Bending, Tensile and Compressive Stiffness Analysis and Application of Four Composite Flexible Hinge1

Summary: Based on the relevant knowledge of material mechanics and calculus, the calculation formulas of bending stiffness, tension and compression stiffness of four composite flexible hinges are derived. Taking the rounded straight beam flexible hinge as an example, the derived stiffness calculation formula is verified using the finite element method. The stiffness properties of the four composite flexible hinges are compared and analyzed. The results show that the elliptical straight beam composite hinge has the smallest bending and tensile stiffness. In the flexible T-shaped joint structure, the flexible T-shaped joint composed of elliptical straight beam composite hinge has the strongest deformation compensation ability.

Flexible hinges are widely used in applications that require small angular displacement and high-precision rotation, eliminating air travel and mechanical friction. Based on the structure type, flexible hinges can be categorized into different types. Stiffness is an important performance indicator for flexible hinges, reflecting their ability to resist external loads and their flexibility. This study aims to derive the stiffness calculation formulas for four composite flexible hinges and compare their stiffness properties.

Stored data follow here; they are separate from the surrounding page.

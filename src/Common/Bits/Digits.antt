-- ===== src/Common/Bits/Digits.antt =====
-- Digit `i` of a number, and the digits of `&`, `|` and `^`.
use Prim.Native.Nat.{
  ℕ, zero, suc, ◌+◌, ◌-◌, ◌*◌, ◌/◌, ◌%◌, ◌^◌, ◌≤◌, ◌<◌, min, max, differ, digits, bitwise,
}
use Prim.Native.Nat.{bit_and, bit_or, bit_xor, bit_and-bitwise, bit_or-bitwise, bit_xor-bitwise}
use mathlib.Core.Path.{◌≡◌, refl, ◌∙◌}
use native.Mathlib.Nat.{pow-suc}
use native.Mathlib.Omega.{arith}

module _ (z : ℕ → ℕ) (f : ℕ → ℕ → ℕ) where
  -- One digit to go more than is needed changes nothing.
  digits_grow : (n a b : ℕ) → a ≤ n → digits z f (suc n) a b ≡ digits z f n a b
  digits_grow zero zero b h = refl
  digits_grow zero (suc a) b h = absurd (omega arith)
  digits_grow (suc n) zero b h = refl
  digits_grow (suc n) (suc a) b h = rw (digits_grow n (suc a / 2) (b / 2) (omega arith))

  digits_settle : (k n a b : ℕ) → n ≡ k + a → digits z f n a b ≡ bitwise z f a b
  digits_settle zero n a b e = let e' : n ≡ a = omega arith in rw e'
  digits_settle (suc k) zero a b e = absurd (omega arith)
  digits_settle (suc k) (suc n) a b e =
      digits_grow n a b (omega arith) ∙ digits_settle k n a b (omega arith)

  -- An operation that means the recursion is computed from the halves and the lowest digits, from
  -- the first number 1 on.
  from_halves :
      (op : ℕ → ℕ → ℕ)
      → ((x y : ℕ) → op x y ≡ bitwise z f x y)
      → (x y : ℕ) → op (suc x) y ≡ op (suc x / 2) (y / 2) * 2 + f (suc x % 2) (y % 2)
  from_halves op means x y =
      simp means (rw (digits_settle (x - suc x / 2) x (suc x / 2) (y / 2) (omega arith)))

-- The operation `op` on words is `f` on their lowest digits and `op` on their halves.
abbrev Halves : (ℕ → ℕ → ℕ) → (ℕ → ℕ → ℕ) → Type 0
Halves op f = (x y : ℕ) → op x y ≡ op (x / 2) (y / 2) * 2 + f (x % 2) (y % 2)

pub bit_and_step : Halves bit_and min
bit_and_step zero y = simp bit_and-bitwise (omega arith)
bit_and_step (suc x) y = from_halves (λ b. 0) min bit_and bit_and-bitwise x y

pub bit_or_step : Halves bit_or max
bit_or_step zero y = simp bit_or-bitwise (omega arith)
bit_or_step (suc x) y = from_halves (λ b. b) max bit_or bit_or-bitwise x y

pub bit_xor_step : Halves bit_xor differ
bit_xor_step zero y = simp bit_xor-bitwise (omega arith)
bit_xor_step (suc x) y = from_halves (λ b. b) differ bit_xor bit_xor-bitwise x y

-- Digit `i`, the lowest being digit 0.
abbrev pub bit : ℕ → ℕ → ℕ
bit zero a = a % 2
bit (suc i) a = bit i (a / 2)

pub bit-le-one : (i a : ℕ) → bit i a ≤ 1
bit-le-one zero a = omega arith
bit-le-one (suc i) a = bit-le-one i (a / 2)

half_and : (a b : ℕ) → bit_and a b / 2 ≡ bit_and (a / 2) (b / 2)
half_and a b = omega (arith, bit_and_step a b)

half_or : (a b : ℕ) → bit_or a b / 2 ≡ bit_or (a / 2) (b / 2)
half_or a b = omega (arith, bit_or_step a b)

pub differ-le-one : (a b : ℕ) → differ (a % 2) (b % 2) ≤ 1
differ-le-one a b = go (a % 2) (b % 2) (omega arith) (omega arith)
  where
    go : (x y : ℕ) → x ≤ 1 → y ≤ 1 → differ x y ≤ 1
    go zero y p q = q
    go (suc x) zero p q = p
    go (suc x) (suc y) p q = go x y (omega arith) (omega arith)

half_xor : (a b : ℕ) → bit_xor a b / 2 ≡ bit_xor (a / 2) (b / 2)
half_xor a b = omega (arith, bit_xor_step a b, differ-le-one a b)

pub bit-bit_and : (i a b : ℕ) → bit i (bit_and a b) ≡ min (bit i a) (bit i b)
bit-bit_and zero a b = omega (arith, bit_and_step a b)
bit-bit_and (suc i) a b = rw half_and (bit-bit_and i (a / 2) (b / 2))

pub bit-bit_or : (i a b : ℕ) → bit i (bit_or a b) ≡ max (bit i a) (bit i b)
bit-bit_or zero a b = omega (arith, bit_or_step a b)
bit-bit_or (suc i) a b = rw half_or (bit-bit_or i (a / 2) (b / 2))

pub bit-bit_xor : (i a b : ℕ) → bit i (bit_xor a b) ≡ differ (bit i a) (bit i b)
bit-bit_xor zero a b = omega (arith, bit_xor_step a b, differ-le-one a b)
bit-bit_xor (suc i) a b = rw half_xor (bit-bit_xor i (a / 2) (b / 2))

-- Two words of `k` digits are equal when their digits are.
pub bit_ext : (k a b : ℕ) → a < 2 ^ k → b < 2 ^ k → ((i : ℕ) → i < k → bit i a ≡ bit i b) → a ≡ b
bit_ext zero a b p q h = omega arith
bit_ext (suc k) a b p q h = omega (
  arith,
  h 0 (omega arith),
  pow-suc 2 k,
  bit_ext k (a / 2) (b / 2) (omega (arith, pow-suc 2 k)) (omega (arith, pow-suc 2 k))
      (λ i lt. h (suc i) (omega arith)),
)

-- A word below 2 ^ k has no digit at `k` or above.
pub bit-lt : (k i a : ℕ) → a < 2 ^ k → k ≤ i → bit i a ≡ 0
bit-lt zero zero a h l = omega arith
bit-lt zero (suc i) a h l = bit-lt zero i (a / 2) (omega arith) (omega arith)
bit-lt (suc k) zero a h l = absurd (omega arith)
bit-lt (suc k) (suc i) a h l = bit-lt k i (a / 2) (omega (arith, pow-suc 2 k)) (omega arith)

1. Establishment of stiffness calculation formula:

1.1 Calculation formulas for bending stiffness of rounded straight beam and elliptical straight beam composite hinges are derived based on material mechanics and calculus.

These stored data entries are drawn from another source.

-- ===== src/Common/Bits/Words.antt =====
-- Masks, fields and single digits of words.
use Prim.Native.Nat.{ℕ, zero, suc, ◌+◌, ◌-◌, ◌*◌, ◌/◌, ◌%◌, ◌^◌, ◌≤◌, ◌<◌, bit_and, bit_or, bit_xor}
use Prim.Native.Nat.{bit_and-bitwise, bit_or-bitwise, bit_xor-bitwise}
use mathlib.Core.Path.{◌≡◌, refl, ap}
use native.Mathlib.Nat.{pow-suc, pow-succ', one-le-pow, div-div-eq-div-mul}
use native.Mathlib.Omega.{arith}
use windows_libc.Common.Bits.Digits.{
  bit, bit_and_step, bit_or_step, bit_xor_step, bit-lt, differ-le-one,
}
use windows_libc.Common.Tests.{◌==◌, if◌then◌else◌}

-- Induction from `x / 2` to `x`; a bound on `x` carries it.
by_halves :
    (P : ℕ → Type 0) → P 0 → ((x : ℕ) → P (suc x / 2) → P (suc x)) → (bound x : ℕ) → x ≤ bound → P x
by_halves P base next bound zero h = base
by_halves P base next zero (suc x) h = absurd (omega arith)
by_halves P base next (suc bound) (suc x) h =
    next x (by_halves P base next bound (suc x / 2) (omega arith))

pub bit_or-zero : (a : ℕ) → bit_or a 0 ≡ a
bit_or-zero a =
    by_halves (λ x. bit_or x 0 ≡ x) refl (λ x e. omega (arith, bit_or_step (suc x) 0)) a a
      (omega arith)

bit_and-zero : (a : ℕ) → bit_and a 0 ≡ 0
bit_and-zero a =
    by_halves (λ x. bit_and x 0 ≡ 0) refl (λ x e. omega (arith, bit_and_step (suc x) 0)) a a
      (omega arith)

double_pow : (q k : ℕ) → q * 2 ^ suc k ≡ q * 2 ^ k * 2
double_pow q k = omega (arith, ap (λ (t : ℕ). q * t) (pow-suc 2 k))

-- A number cut at digit `k`: halving cuts it at digit `k - 1`.
half_cut : (q k r : ℕ) → r < 2 ^ suc k → (q * 2 ^ suc k + r) / 2 ≡ q * 2 ^ k + r / 2
half_cut q k r h = omega (arith, double_pow q k)

half-lt : (k r : ℕ) → r < 2 ^ suc k → r / 2 < 2 ^ k
half-lt k r h = omega (arith, pow-suc 2 k)

-- `(q << k) | r` is a sum where `r` has at most `k` digits.
pub bit_or_fields : (k q r : ℕ) → r < 2 ^ k → bit_or (q * 2 ^ k) r ≡ q * 2 ^ k + r
bit_or_fields zero q r h = let e : r ≡ 0 = omega arith in rw e (omega (arith, bit_or-zero (q * 1)))
bit_or_fields (suc k) q r h =
    let e : q * 2 ^ suc k / 2 ≡ q * 2 ^ k = omega (arith, double_pow q k) in
    rw (bit_or_step (q * 2 ^ suc k) r, e, bit_or_fields k q (r / 2) (half-lt k r h))
      (omega (arith, double_pow q k))

-- The lowest `k` digits of a number cut at digit `k`.
mask_cut : (k q r : ℕ) → r < 2 ^ k → bit_and (q * 2 ^ k + r) (2 ^ k - 1) ≡ r
mask_cut zero q r h = omega (arith, bit_and-zero (q * 1 + r))
mask_cut (suc k) q r h = rw (bit_and_step (q * 2 ^ suc k + r) (2 ^ suc k - 1)) (
    let e : (2 ^ suc k - 1) / 2 ≡ 2 ^ k - 1 = omega (arith, pow-suc 2 k) in
    rw (half_cut q k r h, e, mask_cut k q (r / 2) (half-lt k r h))
      (omega (arith, double_pow q k, pow-suc 2 k, one-le-pow k 2)))

-- `a & (2 ^ k - 1)` is the remainder by `2 ^ k`.
pub bit_and_mask : (k a : ℕ) → bit_and a (2 ^ k - 1) ≡ a % 2 ^ k
bit_and_mask k a = ground (arith, one-le-pow k 2, mask_cut k (a / 2 ^ k) (a % 2 ^ k))

-- `a & (m << k)` keeps the digits from `k` on, under the mask `m`.
pub bit_and_high : (k a m : ℕ) → bit_and a (m * 2 ^ k) ≡ bit_and (a / 2 ^ k) m * 2 ^ k
bit_and_high zero a m =
    let e : m * 1 ≡ m = omega arith in let e' : a / 1 ≡ a = omega arith in rw (e, e') (omega arith)
bit_and_high (suc k) a m =
    let e : m * 2 ^ suc k / 2 ≡ m * 2 ^ k = omega (arith, double_pow m k) in
    let e' : a / 2 / 2 ^ k ≡ a / 2 ^ suc k = rw (pow-succ' 2 k) (div-div-eq-div-mul a 2 (2 ^ k)) in
    rw (bit_and_step a (m * 2 ^ suc k), e, bit_and_high k (a / 2) m, e')
      (omega (arith, double_pow m k, double_pow (bit_and (a / 2 ^ suc k) m) k))

zero-bit_and : (b : ℕ) → bit_and 0 b ≡ 0
zero-bit_and b = bit_and-bitwise 0 b

zero-bit_or : (b : ℕ) → bit_or 0 b ≡ b
zero-bit_or b = bit_or-bitwise 0 b

zero-bit_xor : (b : ℕ) → bit_xor 0 b ≡ b
zero-bit_xor b = bit_xor-bitwise 0 b

pub bit_and-lt : (k a b : ℕ) → a < 2 ^ k → bit_and a b < 2 ^ k
bit_and-lt zero a b h = let e : a ≡ 0 = omega arith in rw e (omega (arith, zero-bit_and b))
bit_and-lt (suc k) a b h =
    omega (arith, bit_and_step a b, pow-suc 2 k, bit_and-lt k (a / 2) (b / 2) (half-lt k a h))

pub bit_or-lt : (k a b : ℕ) → a < 2 ^ k → b < 2 ^ k → bit_or a b < 2 ^ k
bit_or-lt zero a b h l =
    let e : a ≡ 0 = omega arith in let e' : b ≡ 0 = omega arith in rw (e, e') (omega arith)
bit_or-lt (suc k) a b h l = omega (
  arith,
  bit_or_step a b,
  pow-suc 2 k,
  bit_or-lt k (a / 2) (b / 2) (half-lt k a h) (half-lt k b l),
)

pub bit_xor-lt : (k a b : ℕ) → a < 2 ^ k → b < 2 ^ k → bit_xor a b < 2 ^ k
bit_xor-lt zero a b h l =
    let e : a ≡ 0 = omega arith in let e' : b ≡ 0 = omega arith in rw (e, e') (omega arith)
bit_xor-lt (suc k) a b h l = omega (
  arith,
  bit_xor_step a b,
  differ-le-one a b,
  pow-suc 2 k,
  bit_xor-lt k (a / 2) (b / 2) (half-lt k a h) (half-lt k b l),
)

-- The word `1 << k` has digit `k` alone.
pub bit-pow : (i k : ℕ) → bit i (2 ^ k) ≡ (if i == k then 1 else 0)
bit-pow zero zero = refl
bit-pow zero (suc k) = ground (arith, pow-suc 2 k)
bit-pow (suc i) zero = ground (arith, bit-lt 0 i 0)
bit-pow (suc i) (suc k) =
    let e : 2 ^ suc k / 2 ≡ 2 ^ k = omega (arith, pow-suc 2 k) in rw e (ground (arith, bit-pow i k))

-- `~a` on `k` digits.
pub bit-complement : (k i a : ℕ) → a < 2 ^ k → i < k → bit i (2 ^ k - 1 - a) ≡ 1 - bit i a
bit-complement zero i a h l = absurd (omega arith)
bit-complement (suc k) zero a h l = omega (arith, pow-suc 2 k)
bit-complement (suc k) (suc i) a h l =
    let e : (2 ^ suc k - 1 - a) / 2 ≡ 2 ^ k - 1 - a / 2 = omega (arith, pow-suc 2 k) in
    rw e (bit-complement k i (a / 2) (half-lt k a h) (omega arith))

1.2 Stiffness calculation formulas for parabolic and hyperbolic straight beam composite hinges are derived using Karl's second theorem.

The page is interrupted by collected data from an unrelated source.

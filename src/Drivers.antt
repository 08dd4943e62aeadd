-- ===== src/Drivers.antt =====
-- The driver registry, kernel/src/drivers/driversys.c and kernel/src/drivers/driversys.h.
pub mod Types
pub mod Registry
mod Tests
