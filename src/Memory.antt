-- ===== src/Memory.antt =====
-- The kernel's flat address space: a byte at each address, pointers as numbers, NULL as 0, and the
-- little-endian words that a C structure keeps in it. Addresses are those of an x86-64.
pub mod Words
use freecore.Prelude.{ℕ, ◌+◌, ◌*◌, ◌/◌, ◌%◌, ◌^◌, ◌-◌, Bool, ◌&&◌, ◌==◌, ltb, leb, if◌then◌else◌}

abbrev pub Ptr : Type 0
Ptr = ℕ

abbrev pub null : Ptr
null = 0

abbrev pub Memory : Type 0
Memory = Ptr → ℕ

-- One more than the largest `size_t` and `uintptr_t`.
abbrev pub word_mod : ℕ
word_mod = 2 ^ 64

-- Addition of `size_t` or `uintptr_t` values wraps.
abbrev pub add_word : ℕ → ℕ → ℕ
add_word a b = (a + b) % word_mod

-- So does subtraction.
abbrev pub sub_word : ℕ → ℕ → ℕ
sub_word a b = (a + word_mod - b) % word_mod

-- `*(uint8_t *)p = v`
unfoldable pub poke : Memory → Ptr → ℕ → Memory
poke m p v a = if a == p then v else m a

-- Whether an address lies in the `n` bytes from `p` on.
abbrev pub in_range : Ptr → ℕ → Ptr → Bool
in_range p n a = leb p a && ltb a (p + n)

-- A word of four bytes, and one of eight.
pub load32 : Memory → Ptr → ℕ
load32 m p = m p + 256 * (m (p + 1) + 256 * (m (p + 2) + 256 * m (p + 3)))

pub load64 : Memory → Ptr → ℕ
load64 m p = load32 m p + 2 ^ 32 * load32 m (p + 4)

-- The byte at place `i` of a word.
abbrev pub byte : ℕ → ℕ → ℕ
byte v i = v / 256 ^ i % 256

pub store32 : Memory → Ptr → ℕ → Memory
store32 m p v a =
    if in_range p 4 a
    then (if a == p
        then byte v 0
        else if a == p + 1
        then byte v 1
        else if a == p + 2
        then byte v 2
        else byte v 3)
    else m a

pub store64 : Memory → Ptr → ℕ → Memory
store64 m p v = store32 (store32 m p (v % 2 ^ 32)) (p + 4) (v / 2 ^ 32 % 2 ^ 32)
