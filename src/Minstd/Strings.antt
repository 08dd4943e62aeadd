-- ===== src/Minstd/Strings.antt =====
-- kernel/src/lib/minstd.c, the functions that read strings. A string is the list of its bytes in front
-- of the NUL, none of which is 0.
use freecore.Prelude.{ℕ, ◌==◌, if◌then◌else◌, List, [], ◌∷◌, ℤ, sub_ℕ}

-- `strcmp`: the difference of the first bytes that differ, the NUL among them.
unfoldable pub strcmp : List ℕ → List ℕ → ℤ
strcmp [] [] = sub_ℕ 0 0
strcmp [] (d ∷ t) = sub_ℕ 0 d
strcmp (c ∷ s) [] = sub_ℕ c 0
strcmp (c ∷ s) (d ∷ t) = if c == d then strcmp s t else sub_ℕ c d
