-- ===== src/Drivers/Types.antt =====
-- The data of kernel/src/drivers/driversys.h and the registry of kernel/src/drivers/driversys.c. A
-- driver is known by its address, NULL is 0, and a name is the list of its characters. A driver's
-- functions may change every driver and whatever else there is, of the type `W`; they are taken not
-- to register or unregister drivers.
use freecore.Prelude.{ℕ, ◌==◌, if◌then◌else◌, Option, none, List, ℤ}
use freecore.Memory.{Ptr, null}

abbrev pub max_drivers_per_class : ℕ
max_drivers_per_class = 32

-- The last of the enumeration `device_class_t`.
abbrev pub device_class_max : ℕ
device_class_max = 8

-- `driver_state_t`
pub data DriverState : Type 0 where
  unloaded : DriverState
  initializing : DriverState
  ready : DriverState
  error : DriverState

-- `device_driver_t`
pub record Driver : Type 0 where
  pub name : Option (List ℕ)
  pub device_class : ℕ
  pub state : DriverState
  pub ops : Ptr
  pub private_data : Ptr

pub record World (W : Type 0) : Type 0 where
  pub drivers : Ptr → Driver
  pub rest : W

-- `driver_ops_t`; a function may be missing.
pub record DriverOps (W : Type 0) : Type 0 where
  pub probe : Option (Ptr → World W → ℤ × World W)
  pub remove : Option (Ptr → World W → ℤ × World W)
  pub suspend : Option (Ptr → World W → ℤ × World W)
  pub resume : Option (Ptr → World W → ℤ × World W)

-- `device_registry`, its arrays as functions of the indices, and the world.
pub record Registry (W : Type 0) : Type 0 where
  pub drivers : ℕ → ℕ → Ptr
  pub driver_count : ℕ → ℕ
  pub world : World W

module _ {W : Type 0} where
  -- `driver->ops && driver->ops->op`, with the tables of functions by their addresses
  abbrev pub find_op {ℓ} :
      {X : Type ℓ} → (Ptr → DriverOps W) → (DriverOps W → Option X) → Driver → Option X
  find_op ops_at op d = if d.ops == null then none else op (ops_at d.ops)

  abbrev pub set_driver : Ptr → Driver → World W → World W
  set_driver p d w = record w { drivers = λ q. if q == p then d else w.drivers q }

  -- `driver->state = state`
  abbrev pub set_state : Ptr → DriverState → Registry W → Registry W
  set_state p state s = record s {
    world = set_driver p (record (s.world.drivers p) { state = state }) s.world;
  }

  -- `device_registry.drivers[class_idx] = row` and `device_registry.driver_count[class_idx] = n`
  abbrev pub set_class : ℕ → (ℕ → Ptr) → ℕ → Registry W → Registry W
  set_class c row n s = record s {
    drivers = λ k. if k == c then row else s.drivers k;
    driver_count = λ k. if k == c then n else s.driver_count k;
  }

2. Verification of stiffness calculation formula:

The derived stiffness calculation formula for the rounded straight beam flexible hinge is verified using the finite element method. The calculated bending and tensile/compression stiffness values are compared with the analytical solutions to determine the accuracy of the formula.

3. Analysis of the stiffness of the four composite flexible hinges:

The stiffness properties of the four composite flexible hinges are compared and analyzed. Based on the derived stiffness calculation formulas, the bending and tensile stiffness values for each hinge are calculated and compared.

4. Application examples:

The four composite flexible hinges are applied to a flexible T-shaped joint structure. The stiffness properties of each flexible T-shaped joint are analyzed using the finite element method. The results show that the flexible T-shaped joint composed of elliptical straight beam composite hinge has the strongest deformation compensation ability.

The derived stiffness calculation formulas for the four composite flexible hinges are verified to be accurate. The stiffness properties of the four hinges are compared and analyzed, and the flexible T-shaped joint composed of elliptical straight beam composite hinge is found to have the best motion capacity and load sensitivity. This study provides valuable insights for the design and application of composite flexible hinges in various fields.